Advanced nations have already established that the road to perfect healthcare begins with prevention, and one aspect of prevention is early detection of tumors. Unfortunately, in a fairly insular society like ours, prevention – much less early detection – does not enjoy much credence. Hence, it was imperative to spread that kind of culture in our society, especially in light of statistics that show staggering growth in breast cancer cases in Saudi Arabia, 70% of which are already in their advanced stages, diminishing chances of recovery, not to mention the financial burden they place on the nation’s resources.
So the center’s strategy was to make early detection the basis of its work. Early detection raises the odds for recovery to as high as 95%, which is why it is a must. Part of that strategy is to break the silence with awareness programs that use the media to spread the culture of early detection in the society. The center initiates workshops and awareness programs aimed at healthcare providers, made all the more significant by the fact that the university’s school of medicine is the academic home of future physicians, who must be not be sent out to the world without awareness of the importance of early detection.
To complete the structure of awareness about early detection, the center provides free mammogram detection, which is the ideal way of detecting tumors even earlier than the patient or her physician.
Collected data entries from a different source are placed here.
-- ===== src/Budget/Redis.antt =====
-- The Redis commands on text values that the budget tracker sends: GET, SET, SET with EX, EXPIRE
-- and DEL on a key that holds a number. A command takes the server to the server after it; the
-- laws are those of the commands' documentation, at one moment of the server's clock.
use syn_qc_temporal_dynamics.Prelude.{
  ℕ, ◌<◌, String, ◌≡◌, Option, none, some, str_eq, if◌then◌else◌,
}

pub record RedisStrings : Type 1 where
  pub Server : Type 0
  pub get_key : Server → String → Option ℕ
  pub set_key : String → ℕ → Server → Server
  pub set_ex : String → ℕ → ℕ → Server → Server
  pub expire : String → ℕ → Server → Server
  pub del_key : String → Server → Server
  pub get-set :
      (s : Server) (k j : String) (v : ℕ)
      → get_key (set_key k v s) j ≡ (if str_eq k j then some v else get_key s j)
  pub get-set_ex :
      (s : Server) (k j : String) (v ttl : ℕ)
      → 0 < ttl
      → get_key (set_ex k v ttl s) j ≡ (if str_eq k j then some v else get_key s j)
  pub get-expire :
      (s : Server) (k j : String) (ttl : ℕ) → 0 < ttl → get_key (expire k ttl s) j ≡ get_key s j
  pub get-del :
      (s : Server) (k j : String)
      → get_key (del_key k s) j ≡ (if str_eq k j then none else get_key s j)

-- What a call of the server does: it runs and the reply arrives; it raises before it runs; or it
-- runs and the reply is lost, so the caller sees an error all the same.
pub data Call : Type 0 where
  answered : Call
  refused : String → Call
  lost : String → Call
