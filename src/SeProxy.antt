-- ===== src/SeProxy.antt =====
-- The module src/modules/se_proxy/se_proxy.c, on a little-endian machine. The passphrase encrypts the
-- authentication, in which the server hands out a random key; each end keeps it behind
-- `additional_info` and encrypts the packets with it. The packet is that of simple_proxy.c.
pub mod Codec
pub mod Login
use snakesocks.Base.{
  ℕ, ◌+◌, ◌-◌, ◌^◌, ◌%◌, Bool, true, false, Option, none, some, [], ◌∷◌, ◌++◌, ◌||◌, length, take,
  drop, leb, ltb, ◌==◌, if◌then◌else◌,
}
use snakesocks.Io.{Bytes, Result, ok, thrown, overrun}
use snakesocks.Module.{
  BinarySafeString, ClientQuery, ConnectInfo, ClientFunctions, ServerFunctions, received, returned,
}
use snakesocks.NetLib.{codes, to_string}
use snakesocks.SimpleProxy.{Memory, data_struct, at_16, at_32}
use snakesocks.Aes.{BlockCipher, and_then, mode_fill, aes_encrypt, aes_decrypt}

-- `AUTH_STR` and `MAGIC_STR`.
abbrev pub auth_str : Bytes
auth_str = codes "SE_PROXYv1"

abbrev pub magic_str : Bytes
magic_str = codes "SE_MAGIC"

-- Whether two buffers of one length hold the same, character by character.
abbrev pub equal_chars : Bytes → Bytes → Bool
equal_chars [] [] = true
equal_chars [] (b ∷ bs) = false
equal_chars (a ∷ as') [] = false
equal_chars (a ∷ as') (b ∷ bs) = let rest = equal_chars as' bs in if a == b then rest else false

-- The lengths that are given decide first; a buffer shorter than its length is left.
unfoldable pub strfullcmp : Bytes → Bytes → ℕ → ℕ → Result Bool
strfullcmp a b alen blen =
    if alen == blen
    then (if leb alen (length a) then ok (equal_chars (take alen a) (take blen b)) else overrun)
    else ok false

-- A `sym_passphrase`, which is a length and as many characters, is the list of these.
abbrev pub Key : Type 0
Key = Bytes

-- `((sym_passphrase*)(conn->additional_info))`, which the code uses without looking whether it is null.
abbrev pub key_of : {A : Type 0} → ConnectInfo Key → (Key → Result A) → Result A
key_of conn f = elim conn.additional_info [ none ↦ overrun | some key ↦ f key ]

-- What stands behind the magic string is the key. With a length below that of the magic string its
-- own length wraps around.
unfoldable pub take_key : Bytes → ℕ → ConnectInfo Key → Result Bool × ConnectInfo Key
take_key result rlen conn =
    if equal_chars (take 8 result) magic_str
    then (if ltb rlen 8 || ltb (length result) rlen
        then (overrun, conn)
        else (ok true, record conn { additional_info = some (take (rlen - 8) (drop 8 result)) }))
    else (ok false, conn)

-- The query in the buffer `data`, of which `n` bytes count. The length field says how many bytes
-- are copied, from the buffer and what is behind it.
unfoldable pub read_query : Memory → Bytes → ℕ → Result ClientQuery
unfolding at_16 at_32
read_query mem src n =
    let plsz = at_32 src 20 in
    if leb n 24
    then ok (record mem.unset { payload = record mem.unset.payload { str = [] } })
    else if leb (24 + plsz) (length src)
    then ok (record {
      destination_ip = take 16 src;
      destination_port = at_16 src 16;
      payload = received (take plsz (drop 24 src));
    })
    else overrun

module _ (cipher : BlockCipher) where
  -- The client's side.
  unfoldable pub client_make_auth_query :
      ConnectInfo Key → Result BinarySafeString × ConnectInfo Key
  client_make_auth_query conn = (
    and_then (aes_encrypt cipher auth_str conn.passphrase.str mode_fill) (λ out. ok (received out)),
    record conn { additional_info = none },
  )

  unfoldable pub client_deal_auth_reply :
      ConnectInfo Key → BinarySafeString → Result Bool × ConnectInfo Key
  unfolding take_key
  client_deal_auth_reply conn server_reply =
      elim (aes_decrypt cipher server_reply.str conn.passphrase.str mode_fill) [
        | ok (result, rlen) ↦ take_key result rlen conn
        | thrown e ↦ (thrown e, conn)
        | overrun ↦ (overrun, conn)
      ]

  -- The server's side. The reply with which it refuses is not encrypted.
  unfoldable pub server_make_auth_reply :
      ℕ → ConnectInfo Key → BinarySafeString → Result (BinarySafeString × Bool) × ConnectInfo Key
  unfolding strfullcmp
  server_make_auth_reply tmprnd conn d =
      let refuse : Result (BinarySafeString × Bool) = ok (received (1 ∷ []), true) in
      let key : Key = b'_' ∷ to_string tmprnd in
      let reply =
        and_then (aes_encrypt cipher (magic_str ++ key) conn.passphrase.str mode_fill)
          (λ out. ok (received out, false)) in
      elim (and_then (aes_decrypt cipher d.str conn.passphrase.str mode_fill)
        (λ (request, rlen). strfullcmp request auth_str rlen (length auth_str))) [
          | ok true ↦ (reply, record conn { additional_info = some key })
          | ok false ↦ (refuse, conn)
          | thrown e ↦ (thrown e, conn)
          | overrun ↦ (overrun, conn)
        ]

module _ (cipher : BlockCipher) (mem : Memory) where
  unfoldable pub client_encode :
      ConnectInfo Key → ClientQuery → Result BinarySafeString × ConnectInfo Key
  client_encode conn payload = (
    key_of conn (λ key.
        and_then (aes_encrypt cipher (data_struct mem payload) key mode_fill)
          (λ out. ok (returned out))),
    conn,
  )

  -- `data.length` is a uint32_t.
  unfoldable pub client_decode :
      ConnectInfo Key → BinarySafeString → Result ClientQuery × ConnectInfo Key
  unfolding read_query
  client_decode conn d = (
    key_of conn (λ key.
        and_then (aes_decrypt cipher d.str key mode_fill)
          (λ (tmpresult, n). read_query mem tmpresult (n % 2 ^ 32))),
    conn,
  )

  unfoldable pub server_encode :
      ConnectInfo Key → ClientQuery → Result BinarySafeString × ConnectInfo Key
  server_encode conn payload = (
    key_of conn (λ key.
        and_then (aes_encrypt cipher (data_struct mem payload) key mode_fill)
          (λ out. ok (returned out))),
    conn,
  )

  unfoldable pub server_decode :
      ConnectInfo Key → BinarySafeString → Result ClientQuery × ConnectInfo Key
  unfolding read_query
  server_decode conn d = (
    key_of conn (λ key.
        and_then (aes_decrypt cipher d.str key mode_fill)
          (λ (tmpresult, n). read_query mem tmpresult (n % 2 ^ 32))),
    conn,
  )

  -- `client_connection_close` and `server_connection_close` free the key and leave the pointer.
  unfoldable pub connection_close : ConnectInfo Key → ConnectInfo Key
  connection_close conn = conn

  abbrev pub client : ClientFunctions Key
  client = record {
    client_make_auth_query = client_make_auth_query cipher;
    client_deal_auth_reply = client_deal_auth_reply cipher;
    client_encode = client_encode;
    client_decode = client_decode;
    client_connection_close = connection_close;
  }

  abbrev pub server : ℕ → ServerFunctions Key
  server tmprnd = record {
    server_make_auth_reply = server_make_auth_reply cipher tmprnd;
    server_encode = server_encode;
    server_decode = server_decode;
    server_connection_close = connection_close;
  }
The center also provides clinical breast examination of the breasts through a specialized clinic and workshops that teach patients methods of self-examination.
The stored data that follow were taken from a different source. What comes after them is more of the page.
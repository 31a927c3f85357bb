-- ===== src/SimpleProxy/Struct.antt =====
-- The packet of src/modules/simple_proxy/simple_proxy.c, which src/modules/se_proxy/se_proxy.c also
-- has: where a receiver finds its fields.
use snakesocks.Base.{
  ◌+◌, ◌≡◌, ap, ◌∙◌, sym, [], ◌∷◌, ◌++◌, arith, All, length, take, drop, take-append, length-append,
  append_assoc, get_or-append, drop-length_add, All-append,
}
use snakesocks.Io.{IsByte, Bytes}
use snakesocks.Module.{IsQuery, ClientQuery}
use snakesocks.SimpleProxy.{Memory, data_struct, bytes_16, bytes_32, at_16, at_32}

-- The five bytes that the module does not write are bytes.
pub record IsMemory (mem : Memory) : Type 0 where
  pub padding_bytes : All IsByte (mem.pad_0 ∷ mem.pad_1 ∷ [])
  pub end_bytes : All IsByte (mem.end_0 ∷ mem.end_1 ∷ mem.end_2 ∷ [])

module _ (mem : Memory) where
  -- What the structure holds behind the address.
  abbrev fields : ClientQuery → Bytes
  fields q =
      bytes_16 q.destination_port
      ++ (mem.pad_0
          ∷ mem.pad_1
          ∷ (bytes_32 (length q.payload.str)
              ++ (q.payload.str ++ (mem.end_0 ∷ mem.end_1 ∷ mem.end_2 ∷ []))))

  -- The structure with other bytes behind it.
  struct-append :
      (q : ClientQuery) (rest : Bytes)
      → data_struct mem q ++ rest ≡ q.destination_ip ++ (fields q ++ rest)
  unfolding data_struct
  struct-append q rest = append_assoc q.destination_ip (fields q) rest

  pub at_16-struct :
      (q : ClientQuery) (rest : Bytes)
      → IsQuery q
      → at_16 (data_struct mem q ++ rest) 16 ≡ q.destination_port
  unfolding at_16 bytes_16
  at_16-struct q rest h =
      rw
        (
          struct-append q rest,
          get_or-append q.destination_ip (fields q ++ rest) 16 0 0 (omega arith),
          get_or-append q.destination_ip (fields q ++ rest) 17 1 0 (omega arith),
        )
        (omega arith)

  pub at_32-struct :
      (q : ClientQuery) (rest : Bytes)
      → IsQuery q
      → at_32 (data_struct mem q ++ rest) 20 ≡ length q.payload.str
  unfolding at_32 bytes_16 bytes_32
  at_32-struct q rest h =
      rw
        (
          struct-append q rest,
          get_or-append q.destination_ip (fields q ++ rest) 20 4 0 (omega arith),
          get_or-append q.destination_ip (fields q ++ rest) 21 5 0 (omega arith),
          get_or-append q.destination_ip (fields q ++ rest) 22 6 0 (omega arith),
          get_or-append q.destination_ip (fields q ++ rest) 23 7 0 (omega arith),
        )
        (omega arith)

  pub length-struct :
      (q : ClientQuery) → IsQuery q → length (data_struct mem q) ≡ length q.payload.str + 27
  unfolding data_struct
  length-struct q h =
      rw
        (
          length-append q.destination_ip (fields q),
          length-append q.payload.str (mem.end_0 ∷ mem.end_1 ∷ mem.end_2 ∷ []),
        )
        (omega arith)

  -- What a receiver copies as the payload.
  pub payload-struct :
      (q : ClientQuery) (rest : Bytes)
      → IsQuery q
      → take (length q.payload.str) (drop 24 (data_struct mem q ++ rest)) ≡ q.payload.str
  unfolding bytes_16 bytes_32
  payload-struct q rest h =
      let tail : Bytes = (mem.end_0 ∷ mem.end_1 ∷ mem.end_2 ∷ []) ++ rest in
      let behind : drop 24 (data_struct mem q ++ rest) ≡ q.payload.str ++ tail =
        ap (drop 24) (struct-append q rest)
        ∙ ap (λ k. drop (k + 8) (q.destination_ip ++ (fields q ++ rest))) (sym h.address_length)
        ∙ drop-length_add q.destination_ip (fields q ++ rest) 8
        ∙ append_assoc q.payload.str (mem.end_0 ∷ mem.end_1 ∷ mem.end_2 ∷ []) rest in
      rw behind (take-append q.payload.str tail)

  pub take-struct :
      (q : ClientQuery) (rest : Bytes)
      → IsQuery q
      → take 16 (data_struct mem q ++ rest) ≡ q.destination_ip
  take-struct q rest h =
      ap (take 16) (struct-append q rest)
      ∙ ap (λ k. take k (q.destination_ip ++ (fields q ++ rest))) (sym h.address_length)
      ∙ take-append q.destination_ip (fields q ++ rest)

  pub data_struct-IsByte :
      (q : ClientQuery) → IsMemory mem → IsQuery q → All IsByte (data_struct mem q)
  unfolding data_struct bytes_16 bytes_32
  data_struct-IsByte q m h =
      let rest =
        All-append IsByte q.payload.str (mem.end_0 ∷ mem.end_1 ∷ mem.end_2 ∷ []) h.payload_bytes
          m.end_bytes in
      All-append IsByte q.destination_ip (fields q) h.address_bytes (
        omega arith,
        (
          omega arith,
          (
            m.padding_bytes.0,
            (m.padding_bytes.1.0, (omega arith, (omega arith, (omega arith, (omega arith, rest))))),
          ),
        ),
      )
As a breast cancer survivor, a working physician and an international activist, I learned about a whole new concept of caring for breast cancer patients: one that relies on providing services that are essential to treatment, so as patients can have better chances of recovery while feeling fully supported.
This is achieved through support services and other support units. Therefore, we at the center created a consultancy clinic that receives a patients who have already been diagnosed by their physicians and give them advice and guidance addressing all their fears, apprehensions and questions, so as to help them get all the support they need. There is also a “survivors clinic” that care for recovered patients who need long-term monitoring, especially those who lose touch with their physicians after recovery but are likely to suffer some complications, thus necessitating the need for their own clinic at the center.